◆ Work instructions ◆
State how many lines of the records contain the string "List", and give no other information.

◆ Task material ◆
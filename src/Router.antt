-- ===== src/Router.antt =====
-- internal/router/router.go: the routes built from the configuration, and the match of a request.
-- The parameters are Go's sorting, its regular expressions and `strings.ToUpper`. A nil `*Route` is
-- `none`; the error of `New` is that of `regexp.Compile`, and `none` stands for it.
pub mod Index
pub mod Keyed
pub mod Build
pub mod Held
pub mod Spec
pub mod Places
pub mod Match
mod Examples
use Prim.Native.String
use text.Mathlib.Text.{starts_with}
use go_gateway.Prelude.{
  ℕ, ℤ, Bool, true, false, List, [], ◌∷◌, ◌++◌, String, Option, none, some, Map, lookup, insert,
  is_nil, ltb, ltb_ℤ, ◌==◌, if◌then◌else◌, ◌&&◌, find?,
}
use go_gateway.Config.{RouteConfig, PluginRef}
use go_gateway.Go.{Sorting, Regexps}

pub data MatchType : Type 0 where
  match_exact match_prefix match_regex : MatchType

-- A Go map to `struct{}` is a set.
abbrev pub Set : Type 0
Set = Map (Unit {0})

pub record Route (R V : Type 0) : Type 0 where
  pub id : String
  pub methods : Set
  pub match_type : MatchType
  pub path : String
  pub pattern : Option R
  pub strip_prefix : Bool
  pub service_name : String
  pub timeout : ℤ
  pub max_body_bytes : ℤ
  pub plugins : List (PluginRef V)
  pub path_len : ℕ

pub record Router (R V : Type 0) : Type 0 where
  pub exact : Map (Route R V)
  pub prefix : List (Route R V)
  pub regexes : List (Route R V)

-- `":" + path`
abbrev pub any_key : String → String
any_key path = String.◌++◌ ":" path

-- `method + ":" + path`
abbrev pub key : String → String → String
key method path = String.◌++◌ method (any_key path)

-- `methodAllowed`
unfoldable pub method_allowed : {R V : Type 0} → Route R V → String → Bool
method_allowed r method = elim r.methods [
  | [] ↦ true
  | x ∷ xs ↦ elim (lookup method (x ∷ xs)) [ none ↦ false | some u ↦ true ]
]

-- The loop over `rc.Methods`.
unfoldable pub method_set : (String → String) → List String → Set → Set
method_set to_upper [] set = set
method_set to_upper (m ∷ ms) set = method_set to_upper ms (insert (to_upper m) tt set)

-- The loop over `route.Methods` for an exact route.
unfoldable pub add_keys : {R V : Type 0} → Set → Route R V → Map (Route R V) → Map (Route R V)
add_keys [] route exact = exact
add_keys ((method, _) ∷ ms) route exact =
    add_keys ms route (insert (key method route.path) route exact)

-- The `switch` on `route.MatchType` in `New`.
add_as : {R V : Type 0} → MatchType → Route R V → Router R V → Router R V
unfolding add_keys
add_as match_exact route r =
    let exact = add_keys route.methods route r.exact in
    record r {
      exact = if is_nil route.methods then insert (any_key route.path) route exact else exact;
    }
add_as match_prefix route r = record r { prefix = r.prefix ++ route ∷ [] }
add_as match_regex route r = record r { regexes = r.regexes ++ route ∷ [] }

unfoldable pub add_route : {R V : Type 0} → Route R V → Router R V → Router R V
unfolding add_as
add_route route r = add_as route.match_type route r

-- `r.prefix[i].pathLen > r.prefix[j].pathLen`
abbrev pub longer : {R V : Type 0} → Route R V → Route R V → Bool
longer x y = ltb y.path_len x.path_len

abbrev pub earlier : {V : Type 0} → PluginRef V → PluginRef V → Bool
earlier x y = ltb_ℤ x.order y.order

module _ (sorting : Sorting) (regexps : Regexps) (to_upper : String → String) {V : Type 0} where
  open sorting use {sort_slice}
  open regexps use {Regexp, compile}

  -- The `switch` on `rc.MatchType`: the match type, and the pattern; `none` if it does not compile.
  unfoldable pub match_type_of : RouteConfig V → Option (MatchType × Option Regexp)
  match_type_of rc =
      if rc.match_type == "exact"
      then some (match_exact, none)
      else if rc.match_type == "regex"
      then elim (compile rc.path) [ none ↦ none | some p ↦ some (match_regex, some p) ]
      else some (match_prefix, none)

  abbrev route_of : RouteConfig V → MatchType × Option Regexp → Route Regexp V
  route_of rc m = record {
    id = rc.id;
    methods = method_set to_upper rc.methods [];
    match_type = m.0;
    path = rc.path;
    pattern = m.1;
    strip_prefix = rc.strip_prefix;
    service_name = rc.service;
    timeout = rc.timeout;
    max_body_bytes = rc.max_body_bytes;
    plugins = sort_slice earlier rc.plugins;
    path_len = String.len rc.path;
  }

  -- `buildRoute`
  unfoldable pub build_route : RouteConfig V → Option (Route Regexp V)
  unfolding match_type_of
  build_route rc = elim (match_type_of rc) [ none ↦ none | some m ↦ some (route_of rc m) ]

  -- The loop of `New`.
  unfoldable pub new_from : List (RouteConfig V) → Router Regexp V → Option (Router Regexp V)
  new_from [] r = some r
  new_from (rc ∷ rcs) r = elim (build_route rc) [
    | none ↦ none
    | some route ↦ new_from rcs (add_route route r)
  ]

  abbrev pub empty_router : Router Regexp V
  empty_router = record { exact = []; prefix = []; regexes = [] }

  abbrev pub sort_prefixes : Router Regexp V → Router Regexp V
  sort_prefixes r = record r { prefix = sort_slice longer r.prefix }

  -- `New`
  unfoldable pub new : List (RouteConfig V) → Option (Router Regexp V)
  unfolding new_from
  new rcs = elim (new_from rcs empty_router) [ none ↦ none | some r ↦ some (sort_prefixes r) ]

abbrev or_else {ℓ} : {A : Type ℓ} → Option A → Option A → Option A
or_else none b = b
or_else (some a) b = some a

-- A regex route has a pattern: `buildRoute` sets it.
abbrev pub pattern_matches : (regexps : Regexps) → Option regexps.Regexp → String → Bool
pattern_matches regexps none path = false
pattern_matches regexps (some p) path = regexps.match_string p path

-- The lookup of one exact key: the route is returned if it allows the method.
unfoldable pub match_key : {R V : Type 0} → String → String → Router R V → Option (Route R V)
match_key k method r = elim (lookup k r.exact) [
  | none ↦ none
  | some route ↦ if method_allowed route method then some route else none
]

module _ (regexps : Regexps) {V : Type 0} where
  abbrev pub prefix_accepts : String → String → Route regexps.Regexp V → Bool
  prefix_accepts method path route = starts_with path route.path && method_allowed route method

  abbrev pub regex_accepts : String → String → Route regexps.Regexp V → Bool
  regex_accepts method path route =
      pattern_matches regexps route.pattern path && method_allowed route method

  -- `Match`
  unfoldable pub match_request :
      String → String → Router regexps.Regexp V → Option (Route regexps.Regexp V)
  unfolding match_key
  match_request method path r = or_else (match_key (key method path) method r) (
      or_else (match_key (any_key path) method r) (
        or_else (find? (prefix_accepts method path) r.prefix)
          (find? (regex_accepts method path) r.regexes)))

◆ Your response ◆
7